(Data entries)
────────────────────
-- ===== src/Queue/Wakeup.antt =====
-- The wake-up of `runDispatcher` of src/r_dispatcher.cpp against the producers, step by step.
-- A producer appends under a lock and writes its wake byte later, so any steps may fall between.
use drogon_r.Prelude.{ℕ, suc, ◌+◌, ◌<◌, ◌≡◌, List, [], ◌∷◌, ◌++◌, none, some, arith, ◌≢◌, ◌⊎◌, inl}
use drogon_r.Queue.{QueueState, push_request, notify_dispatcher, drain_queue, drain_wake_pipe}

-- Where the main thread stands: in poll(), or behind a call of `runDispatcher`.
pub data Phase : Type 0 where
  waiting woken pipe_drained requests_drained ws_drained : Phase

-- The three queues that ride the one pipe, and the producers that have pushed but not yet written.
pub record World (A B C : Type 0) : Type 0 where
  pub requests : QueueState A
  pub ws_events : List B
  pub client_events : List C
  pub unwritten : ℕ
  pub phase : Phase

module _ {A B C : Type 0} where
  unfoldable pub pushed : QueueState A → World A B C → World A B C
  pushed q w = record w { requests = q; unwritten = suc w.unwritten }

  unfoldable pub written : ℕ → World A B C → World A B C
  written n w = record w { requests = notify_dispatcher w.requests; unwritten = n }

  -- The order of `runDispatcher`: the pipe, the requests, the WebSocket events, the client's events.
  unfoldable pub drain_pipe_step : World A B C → World A B C
  drain_pipe_step w = record w { requests = drain_wake_pipe w.requests; phase = pipe_drained }

  unfoldable pub drain_requests_step : World A B C → World A B C
  drain_requests_step w = record w {
    requests = (drain_queue w.requests).0;
    phase = requests_drained;
  }

  unfoldable pub drain_ws_step : World A B C → World A B C
  drain_ws_step w = record w { ws_events = []; phase = ws_drained }

  unfoldable pub drain_client_step : World A B C → World A B C
  drain_client_step w = record w { client_events = []; phase = waiting }

  pub data Step (w : World A B C) : World A B C → Type 0 where
    push : (req : A) {q : QueueState A} → push_request req w.requests ≡ some q → Step w (pushed q w)
    push_ws :
        (e : B)
        → Step w (record w { ws_events = w.ws_events ++ e ∷ []; unwritten = suc w.unwritten })
    push_client :
        (e : C)
        → Step w
            (record w { client_events = w.client_events ++ e ∷ []; unwritten = suc w.unwritten })
    write : (n : ℕ) → w.unwritten ≡ suc n → Step w (written n w)
    wake : w.phase ≡ waiting → Step w (record w { phase = woken })
    drain_pipe : w.phase ≡ woken → Step w (drain_pipe_step w)
    drain_requests : w.phase ≡ pipe_drained → Step w (drain_requests_step w)
    drain_ws : w.phase ≡ requests_drained → Step w (drain_ws_step w)
    drain_client : w.phase ≡ ws_drained → Step w (drain_client_step w)

  pub data Reach (w : World A B C) : World A B C → Type 0 where
    here : Reach w w
    next : {u v : World A B C} → Reach w u → Step u v → Reach w v

  -- A wake byte stands in the pipe, or a producer is about to write one.
  abbrev pub Signalled : World A B C → Type 0
  Signalled w = 0 < w.requests.pipe + w.unwritten

  pub record IsHeard (w : World A B C) : Type 0 where
    pub writable : w.requests.wake_write_fd ≢ none
    pub roomy : 0 < w.requests.pipe_size
    pub requests_heard :
        (w.requests.queue ≡ []) ⊎ (Signalled w ⊎ ((w.phase ≡ woken) ⊎ (w.phase ≡ pipe_drained)))
    pub ws_heard :
        (w.ws_events ≡ [])
        ⊎ (Signalled w
            ⊎ ((w.phase ≡ woken) ⊎ ((w.phase ≡ pipe_drained) ⊎ (w.phase ≡ requests_drained))))
    pub client_heard :
        (w.client_events ≡ [])
        ⊎ (Signalled w
            ⊎ ((w.phase ≡ woken)
                ⊎ ((w.phase ≡ pipe_drained)
                    ⊎ ((w.phase ≡ requests_drained) ⊎ (w.phase ≡ ws_drained)))))

  Step-IsHeard : {w v : World A B C} → Step w v → IsHeard w → IsHeard v
  unfolding push_request pushed written drain_pipe_step drain_requests_step drain_ws_step
      drain_client_step notify_dispatcher drain_queue drain_wake_pipe
  Step-IsHeard (push req e) h = ground arith
  Step-IsHeard (push_ws e) h = ground arith
  Step-IsHeard (push_client e) h = ground arith
  Step-IsHeard (write n e) h = ground arith
  Step-IsHeard (wake e) h = ground arith
  Step-IsHeard (drain_pipe e) h = ground arith
  Step-IsHeard (drain_requests e) h = ground arith
  Step-IsHeard (drain_ws e) h = ground arith
  Step-IsHeard (drain_client e) h = ground arith

  Reach-IsHeard : {w v : World A B C} → Reach w v → IsHeard w → IsHeard v
  Reach-IsHeard here h = h
  Reach-IsHeard (next r s) h = Step-IsHeard s (Reach-IsHeard r h)

-- Start with empty queues and a pipe that is set up and can hold a byte. Whenever the main thread
-- waits and a request or a WebSocket event is queued, a wake byte stands in the pipe or a producer
-- has yet to write its own, whatever steps the producers and the dispatcher have made.
pub no_lost_wakeup :
    {A B C : Type 0} (fd : ℕ) (w₀ v : World A B C)
    → w₀.requests.queue ≡ []
    → w₀.ws_events ≡ []
    → w₀.client_events ≡ []
    → w₀.requests.wake_write_fd ≡ some fd
    → 0 < w₀.requests.pipe_size
    → Reach w₀ v
    → v.phase ≡ waiting
    → (v.requests.queue ≢ []) ⊎ ((v.ws_events ≢ []) ⊎ (v.client_events ≢ []))
    → Signalled v
no_lost_wakeup fd w₀ v eq_r eq_w eq_c bound room path phase busy =
    let start : IsHeard w₀ = record {
      writable = λ e. cc;
      roomy = room;
      requests_heard = inl eq_r;
      ws_heard = inl eq_w;
      client_heard = inl eq_c;
    } in
    let h = Reach-IsHeard path start in ground (arith, h.requests_heard, h.ws_heard, h.client_heard)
────────────────────
**Task objective:**
Scan the entries above for the word "some" and collect each line holding it.

**Worked solution:**
use drogon_r.Prelude.{ℕ, suc, ◌+◌, ◌<◌, ◌≡◌, List, [], ◌∷◌, ◌++◌, none, some, arith, ◌≢◌, ◌⊎◌, inl}
    push : (req : A) {q : QueueState A} → push_request req w.requests ≡ some q → Step w (pushed q w)
    → w₀.requests.wake_write_fd ≡ some fd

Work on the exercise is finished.